The CAN topology – From the bus topology to the tree topology and beyond

22 Jul 2024
Ixxat
The CAN topology – From the bus topology to the tree topology and beyond
Evolution of CAN networks enhances efficiency by using advanced CAN topologies, repeaters, bridges, and gateways for improved distance, speed, and integration.

Classic bus/line CAN topology

The Controller Area Network (CAN) high-speed standard specifies the CAN topology as a simple bus (line) with the signal lines CAN-High and CAN-Low, which are terminated at both ends with a 120 ohm terminating resistor.  
At the maximum possible bit rate of 1 Mbps, a maximum line length of 40 m can be realized. If possible, stub lines should be avoided, since the signal reflections also affect the signal quality. However, these can be tolerated at a maximum length of 30 cm for the connection of participants. 

 

Classic bus/line CAN topology

The basic design of the CAN bus with CAN-High (CAN_H) and CAN-Low signal line (CAN_L) as well as termination at both ends. 

 

Due to the bus topology, long line lengths can quickly be reached, depending on the spatial situation. The following example shows a CAN bus system where a bus length of 330 meters is reached due to the bus being looped through to all participants. On a system of this length, the maximum bit rate would be 125 kbps. 

 

Conventional wiring of the CAN participants according to the bus/line CAN topology

Conventional wiring of the CAN participants according to the bus/line topology

 

Greater flexibility due to the tree/star CAN topology

Repeaters can be used to expand the simple CAN line topology and to realize tree/star CAN topologies that are optimally adapted to the geographic framework conditions. The repeater provides a physical coupling between two identical bus systems. It is used to regenerate signals and transparently pass them on to the respective other segment. A repeater thus divides a bus into two segments that are physically independent of each other. From a signaling viewpoint, it corresponds to a line whose length equates to its delay time. 

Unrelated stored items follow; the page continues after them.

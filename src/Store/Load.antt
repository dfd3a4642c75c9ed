-- ===== src/Store/Load.antt =====
-- The restart of the store: prism_serve/scheduler/replacement_store.py.
use prism_serve.Base.{
  ℕ, String, Bool, false, not, ◌&&◌, ◌||◌, Option, none, some, List, [], ◌∷◌, map, ltb, leb,
  if◌then◌else◌, is_some, ◌==◌, nat_key, text_key, pair_key, triple_key, length, any, Error,
  class_error, value_error, Result, ok, err, Action, modify, raise_if, ◌>>◌,
}
use prism_serve.Base.Dict.{Dict, values, lookup, insert}
use prism_serve.Base.Order.{distinct_count}
use prism_serve.Store.Records.{
  ReplacementReleaseRecord, RecordKey, key_of, lease_of, ReplacementRunSeal, ActiveRun, Payload,
  Hashes, prefixed, record_root, empty,
}
use prism_serve.Store.State.{
  store_format_version, Envelope, Contents, absent, malformed, image, Disk, Store, commit_state,
  seal_for_run,
}

abbrev pub store_error : String → Error
store_error = class_error "ReplacementStoreError"

-- `_parse_record`, of a value that has the fields with their types.
unfoldable pub complete_record : ReplacementReleaseRecord → Bool
complete_record r =
    not (empty r.cleanup_id)
    && not (empty r.restart_run_id)
    && not (empty r.old_operation_digest)
    && not (empty r.operation_id)
    && not (empty r.lease_id)
    && not (empty r.decision_digest)

-- `_parse_seal`, of a value that has the fields with their types.
unfoldable pub complete_seal : ReplacementRunSeal → Bool
complete_seal x =
    not (x.seal_sequence == 0)
    && not (empty x.restart_run_id)
    && not (empty x.old_topology_generation_digest)
    && not (empty x.new_topology_generation)
    && not (empty x.decision_digest)
    && not (empty x.record_root_digest)

-- The loop over `payload["records"]`, with the records and the lease keys so far.
unfoldable pub load_records :
    List ReplacementReleaseRecord
    → Dict RecordKey ReplacementReleaseRecord
    → List (String × String)
    → Result (Dict RecordKey ReplacementReleaseRecord)
load_records [] records leases = ok records
load_records (r ∷ rs) records leases =
    let rest = load_records rs (insert (key_of r) r records) (lease_of r ∷ leases) in
    if not (complete_record r)
    then err (store_error "replacement record fields are empty")
    else if is_some (lookup (key_of r) records)
    then err (store_error "duplicate replacement record key")
    else if any (λ l. lease_of r == l) leases
    then err (store_error "duplicate replacement lease decision")
    else rest

-- `any(left >= right for left, right in zip(seals, seals[1:]))`, on the sequence numbers.
unfoldable pub falls : List ReplacementRunSeal → Bool
falls [] = false
falls (x ∷ []) = false
falls (x ∷ y ∷ zs) = leb y.seal_sequence x.seal_sequence || falls (y ∷ zs)

abbrev pub last_sequence : List ReplacementRunSeal → ℕ
last_sequence [] = 0
last_sequence (x ∷ []) = x.seal_sequence
last_sequence (x ∷ y ∷ zs) = last_sequence (y ∷ zs)

unfoldable pub mixes_runs : Option ActiveRun → List ReplacementReleaseRecord → Bool
mixes_runs none rs = false
mixes_runs (some a) rs = any (λ r. not (r.restart_run_id == a.restart_run_id)) rs

unfoldable pub mixes_decisions : Option ActiveRun → List ReplacementReleaseRecord → Bool
mixes_decisions none rs = false
mixes_decisions (some a) rs =
    empty a.decision_digest || any (λ r. not (r.decision_digest == a.decision_digest)) rs

-- The checks of `_load` on a payload whose records have been read.
unfoldable pub check_payload :
    Payload → Dict RecordKey ReplacementReleaseRecord → Action Store (Unit {0})
check_payload p records s =
    (raise_if (ltb s.max_records_per_run (length records))
          (store_error "replacement record cap exceeded")
        >> raise_if (not (length records == 0) && not (is_some p.active_run))
            (store_error "orphan records have no active run")
        >> raise_if (mixes_runs p.active_run (values records))
            (store_error "active segment mixes replacement runs")
        >> raise_if (mixes_decisions p.active_run (values records))
            (store_error "active segment mixes replacement decisions")
        >> raise_if (any (λ x. not (complete_seal x)) p.seals)
            (store_error "replacement seal fields are invalid")
        >> raise_if (ltb s.seal_retention (length p.seals))
            (store_error "replacement seal retention exceeded")
        >> raise_if (falls p.seals) (store_error "replacement seal sequence is not monotonic")
        >> raise_if (not (distinct_count (map (λ x. x.restart_run_id) p.seals) == length p.seals))
            (store_error "duplicate retained replacement seal")
        >> raise_if
            (p.next_seal_sequence == 0
              || (not (length p.seals == 0) && leb p.next_seal_sequence (last_sequence p.seals)))
            (store_error "invalid next replacement seal sequence"))
      s

-- The end of `_load`.
unfoldable pub adopt : Payload → Dict RecordKey ReplacementReleaseRecord → Store → Store
adopt p records s = record s {
  active_run = p.active_run;
  records = records;
  seals = p.seals;
  next_seal_sequence = p.next_seal_sequence;
}

unfoldable pub load_payload : Payload → Action Store (Unit {0})
load_payload p s = elim (load_records p.records [] []) [
  | err e ↦ (err e, s)
  | ok records ↦ (check_payload p records >> modify (adopt p records)) s
]

unfoldable pub load_envelope : Hashes → Envelope → Action Store (Unit {0})
load_envelope h e =
    raise_if (not (e.format_version == store_format_version))
      (store_error "unsupported replacement store version")
    >> raise_if (not (e.payload_digest == prefixed (h.payload_hash e.payload)))
        (store_error "replacement store digest mismatch")
    >> load_payload e.payload

unfoldable pub load_file : Hashes → Contents → Action Store (Unit {0})
load_file h absent s = (ok tt, s)
load_file h malformed s = (err (class_error "JSONDecodeError" ""), s)
load_file h (image e) s = load_envelope h e s

abbrev pub orphan_error : Error
orphan_error = store_error "orphan replacement-store temp file requires operator review"

-- `_load`
unfoldable pub load : Hashes → Action Store (Unit {0})
load h s = if s.disk.orphan then (err orphan_error, s) else load_file h s.disk.contents s

-- Whether a seal fits the segment that it closes.
unfoldable pub fits : Hashes → ReplacementRunSeal → ActiveRun → List ReplacementReleaseRecord → Bool
fits h x a rs =
    (x.record_count == length rs)
    && (x.record_root_digest == record_root h rs)
    && (x.old_topology_generation_digest == a.old_topology_generation_digest)
    && (x.decision_digest == a.decision_digest)

-- What `_finish_sealed_gc_after_restart` does with the active run.
unfoldable pub finish_segment : Hashes → Option ActiveRun → Action Store (Unit {0})
finish_segment h none s = (ok tt, s)
finish_segment h (some a) s = elim (seal_for_run a.restart_run_id s.seals) [
  | none ↦ (ok tt, s)
  | some x ↦
      if not (fits h x a (values s.records))
      then (err (store_error "sealed replacement segment root/count mismatch"), s)
      else commit_state h none [] s.seals s.next_seal_sequence s
]

-- `_finish_sealed_gc_after_restart`
unfoldable pub finish_sealed_gc_after_restart : Hashes → Action Store (Unit {0})
finish_sealed_gc_after_restart h s = finish_segment h s.active_run s

-- A store before it has read its file.
abbrev pub blank : ℕ → ℕ → Disk → Store
blank max_records retention d = record {
  max_records_per_run = max_records;
  seal_retention = retention;
  fatal_error = none;
  active_run = none;
  records = [];
  seals = [];
  next_seal_sequence = 1;
  disk = d;
}

-- `except Exception as exc: self._fatal_error = ...`
abbrev pub fail_closed : Result (Unit {0}) × Store → Store
fail_closed (ok u, s) = s
fail_closed (err e, s) = record s { fatal_error = some e }

-- What `__init__` does once the caps are found positive.
unfoldable pub open_store : Hashes → ℕ → ℕ → Disk → Store
open_store h max_records retention d =
    fail_closed ((load h >> finish_sealed_gc_after_restart h) (blank max_records retention d))

-- `ReplacementDecisionStore(root, ...)`
unfoldable pub new_store : Hashes → ℕ → ℕ → Disk → Result Store
new_store h max_records retention d =
    if max_records == 0
    then err (value_error "replacement record cap must be positive")
    else if retention == 0
    then err (value_error "replacement seal retention must be positive")
    else ok (open_store h max_records retention d)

Thanks to a clever arrangement of the repeaters and an optimal line routing that is achieved in this way, the relevant length of the bus system, i.e., the distance between the farthest removed participants, can be reduced. In the following example, while taking the signal delay generated by the repeater (corresponding to a line length of 50 m) into account, the furthest distance between the participants is 170 m. The use of repeaters thus considerably reduces the line length, which means the system can operate with a bit rate of up to 250 kbps, improving the signal quality. 

 

System optimization by using CAN repeaters

System optimization by using CAN repeaters 

 

Maximum flexibility with bridges and gateways 

CAN bridges have a storage function and forward messages or parts of messages in an independent, time-delayed transmission (store-and-forward principle). They differ from repeaters by saving and forwarding messages or parts of messages, whereby repeaters transmit electrical signals to the other segment.

Integrating filter functions, for example, allows for organizational structuring of a network by only forwarding messages from one network segment to another, which are of interest to it. This can, for example, reduce the bus load of segments. 

The system range can easily be expanded, since the use of a bridge can divide the CAN network into two systems that are independent of each other as regards signaling. 

CAN gateways can be used to connect networks of different protocols with each other. A gateway application takes over the translation of protocol data units here into the respective other communication system. The protocol level at which the protocol translation takes place is identified by the gateway. 

Using gateways allows both the coupling of a CAN-based system with other fieldbuses, as well as the coupling of two CAN-based systems via a transparent TCP/IP tunnel. In this way, far-removed CAN systems can be coupled with each other, or different fieldbuses can be connected to each other in order to connect these to a higher-level control system, for example.

 

Using a CAN bridge to connect a CAN segment

The use of a CAN bridge to connect a CAN segment with a lower bit rate as well as the connection to a distant CAN system via CAN-Ethernet/CAN gateway and transparent data transmission via TCP/IP. 

 

Summary

The development of traditional bus/line CAN topology to advanced tree/star topologies and the use of technologies, such as repeaters, bridges, and gateways is a significant evolution in the design and functionality of CAN networks. These make it possible to bridge longer distances, to achieve higher data transmission rates, and to facilitate the integration of different communication systems. This significantly increases the efficiency, reliability, and adaptability of CAN-based systems in different application areas.